**Saved data entries**
================================

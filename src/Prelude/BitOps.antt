-- ===== src/Prelude/BitOps.antt =====
-- Go's `|`, `&` and `bits.Len` on unsigned words, as arithmetic at every width.
use Prim.Native.Nat.{digits, bitwise, bit_and-bitwise, bit_or-bitwise}
use native.Mathlib.Nat.{le_refl, one-le-pow, pow-suc, add-zero, add-suc}
use go_brrr.Prelude.Tests.{◌==◌, Bool-cases}
use Prim.Native.Nat.{
  ℕ, zero, suc, ◌+◌, ◌-◌, ◌*◌, ◌/◌, ◌%◌, ◌^◌, ◌≤◌, ◌<◌, min, max, bit_and, bit_or,
}
use mathlib.Core.Path.{◌≡◌, refl, ap}
use mathlib.Core.Bool.{true, false}
use mathlib.Core.Logic.{inl, inr}
use native.Mathlib.Omega.{arith}

-- The native operations are digit recursions on fuel; here the fuel goes away.
module _ (z : ℕ → ℕ) (f : ℕ → ℕ → ℕ) where
  digits_enough : (a b n m : ℕ) → (a ≤ n) × (a ≤ m) → digits z f n a b ≡ digits z f m a b
  digits_enough (suc a) b (suc n) (suc m) (l, r) =
      rw (digits_enough (suc a / 2) (b / 2) n m (omega arith, omega arith))
  digits_enough (suc a) b (suc n) zero (l, r) = absurd (omega (arith, r))
  digits_enough (suc a) b zero m (l, r) = absurd (omega (arith, l))
  digits_enough zero b (suc n) (suc m) h = refl
  digits_enough zero b (suc n) zero h = refl
  digits_enough zero b zero (suc m) h = refl
  digits_enough zero b zero zero h = refl

  -- One binary digit off, for a left operand that is not zero.
  pub one_digit :
      (a b : ℕ)
      → bitwise z f (suc a) b ≡ bitwise z f (suc a / 2) (b / 2) * 2 + f (suc a % 2) (b % 2)
  one_digit a b =
      let enough = digits_enough (suc a / 2) (b / 2) a (suc a / 2) (omega arith, le_refl _) in
      omega (arith, enough)

pub bit_or_halve : (a b : ℕ) → bit_or a b ≡ bit_or (a / 2) (b / 2) * 2 + max (a % 2) (b % 2)
bit_or_halve zero b = simp bit_or-bitwise (omega arith)
bit_or_halve (suc a) b = simp bit_or-bitwise (one_digit (λ y. y) max a b)

pub bit_and_halve : (a b : ℕ) → bit_and a b ≡ bit_and (a / 2) (b / 2) * 2 + min (a % 2) (b % 2)
bit_and_halve zero b = simp bit_and-bitwise (omega arith)
bit_and_halve (suc a) b = simp bit_and-bitwise (one_digit (λ y. 0) min a b)

zero-bit_or : (b : ℕ) → bit_or 0 b ≡ b
zero-bit_or b = bit_or-bitwise 0 b

bit_and-zero_below : (k a : ℕ) → a < k → bit_and a 0 ≡ 0
bit_and-zero_below zero a h = elim h [ ]
bit_and-zero_below (suc k) zero h = refl
bit_and-zero_below (suc k) (suc a) h =
    omega (arith, bit_and_halve (suc a) 0, bit_and-zero_below k (suc a / 2) (omega arith))

bit_and-zero : (a : ℕ) → bit_and a 0 ≡ 0
bit_and-zero a = bit_and-zero_below (suc a) a (omega arith)

pub mul-pow-suc : (q k : ℕ) → q * 2 ^ suc k ≡ 2 * (q * 2 ^ k)
mul-pow-suc q k = omega (arith, ap (λ (t : ℕ). q * t) (pow-suc 2 k))

-- Or with a field shifted past every set bit is a sum.
pub bit_or-shifted : (k r q : ℕ) → r < 2 ^ k → bit_or r (q * 2 ^ k) ≡ r + q * 2 ^ k
bit_or-shifted zero zero q h = rw zero-bit_or (omega arith)
bit_or-shifted zero (suc r) q h = absurd (omega arith)
bit_or-shifted (suc k) r q h = ground (
  arith,
  bit_or_halve r (q * 2 ^ suc k),
  mul-pow-suc q k,
  pow-suc 2 k,
  bit_or-shifted k (r / 2) q (omega (arith, pow-suc 2 k)),
)

-- The same with the shifted field first.
bit_or-zero_below : (k a : ℕ) → a < k → bit_or a 0 ≡ a
bit_or-zero_below zero a h = elim h [ ]
bit_or-zero_below (suc k) zero h = refl
bit_or-zero_below (suc k) (suc a) h =
    omega (arith, bit_or_halve (suc a) 0, bit_or-zero_below k (suc a / 2) (omega arith))

pub bit_or-zero : (a : ℕ) → bit_or a 0 ≡ a
bit_or-zero a = bit_or-zero_below (suc a) a (omega arith)

pub shifted-bit_or : (k q r : ℕ) → r < 2 ^ k → bit_or (q * 2 ^ k) r ≡ q * 2 ^ k + r
shifted-bit_or zero q zero h = rw bit_or-zero_one (omega arith)
  where
    bit_or-zero_one : bit_or (q * 2 ^ 0) 0 ≡ q * 2 ^ 0
    bit_or-zero_one = bit_or-zero (q * 2 ^ 0)
shifted-bit_or zero q (suc r) h = absurd (omega arith)
shifted-bit_or (suc k) q r h = ground (
  arith,
  bit_or_halve (q * 2 ^ suc k) r,
  mul-pow-suc q k,
  pow-suc 2 k,
  shifted-bit_or k q (r / 2) (omega (arith, pow-suc 2 k)),
)

bit_and_low : (k q r : ℕ) → r < 2 ^ k → bit_and (r + q * 2 ^ k) (2 ^ k - 1) ≡ r
bit_and_low zero q r h = rw bit_and-zero (omega arith)
bit_and_low (suc k) q r h = ground (
  arith,
  bit_and_halve (r + q * 2 ^ suc k) (2 ^ suc k - 1),
  mul-pow-suc q k,
  pow-suc 2 k,
  one-le-pow k 2,
  bit_and_low k q (r / 2) (omega (arith, pow-suc 2 k)),
)

-- And with k ones is the remainder by 2 ^ k.
pub bit_and_mask : (k a : ℕ) → bit_and a (2 ^ k - 1) ≡ a % 2 ^ k
bit_and_mask k a = ground (arith, one-le-pow k 2, bit_and_low k (a / 2 ^ k) (a % 2 ^ k))

-- `bits.Len`: the number of binary digits, on fuel. 64 rounds are enough for a uint64.
bit_len_from : ℕ → ℕ → ℕ
bit_len_from zero n = 0
bit_len_from (suc fuel) n = elim (n == 0) [ true ↦ 0 | false ↦ suc (bit_len_from fuel (n / 2)) ]

unfoldable pub bit_len : ℕ → ℕ
unfolding bit_len_from
bit_len n = bit_len_from 64 n

bit_len_from_bounds :
    (fuel n : ℕ)
    → 0 < n
    → n < 2 ^ fuel
    → (k : ℕ) × (bit_len_from fuel n ≡ suc k) × (k < fuel) × (2 ^ k ≤ n) × (n < 2 ^ suc k)
unfolding bit_len_from
bit_len_from_bounds zero n p h = absurd (omega arith)
bit_len_from_bounds (suc fuel) n p h = elim (Bool-cases (n / 2 == 0)) [
  | inl small ↦ (0, ground (arith, short fuel small), omega arith, omega arith, ground arith)
  | inr large ↦
      let (k, e, b, lo, hi) =
        bit_len_from_bounds fuel (n / 2) (ground arith) (omega (arith, pow-suc 2 fuel)) in
      (
        suc k,
        ground arith,
        omega arith,
        omega (arith, pow-suc 2 k),
        omega (arith, pow-suc 2 (suc k)),
      )
]
  where
    short : (f : ℕ) → (n / 2 == 0) ≡ true → bit_len_from f (n / 2) ≡ 0
    short zero e = refl
    short (suc f) e = ground arith

-- A non-zero uint64 lies between two powers of two, and `bits.Len` tells which.
pub bit_len_bounds :
    (n : ℕ)
    → 0 < n
    → n < 2 ^ 64
    → (k : ℕ) × (bit_len n ≡ suc k) × (k < 64) × (2 ^ k ≤ n) × (n < 2 ^ suc k)
unfolding bit_len
bit_len_bounds n p h = bit_len_from_bounds 64 n p h

pub pow-add : (a b : ℕ) → 2 ^ (a + b) ≡ 2 ^ a * 2 ^ b
pow-add a zero = rw add-zero (omega arith)
pow-add a (suc b) = rw add-suc (
    omega (
      arith,
      pow-suc 2 (a + b),
      ap (λ (t : ℕ). t * 2) (pow-add a b),
      ap (λ (t : ℕ). 2 ^ a * t) (pow-suc 2 b),
    ))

================================

**WORK ITEM**
Please report all lines in the entries where "BitOps" appears.

**TASK RESPONSE**
filename src/Prelude/BitOps.antt
-- ===== src/Prelude/BitOps.antt =====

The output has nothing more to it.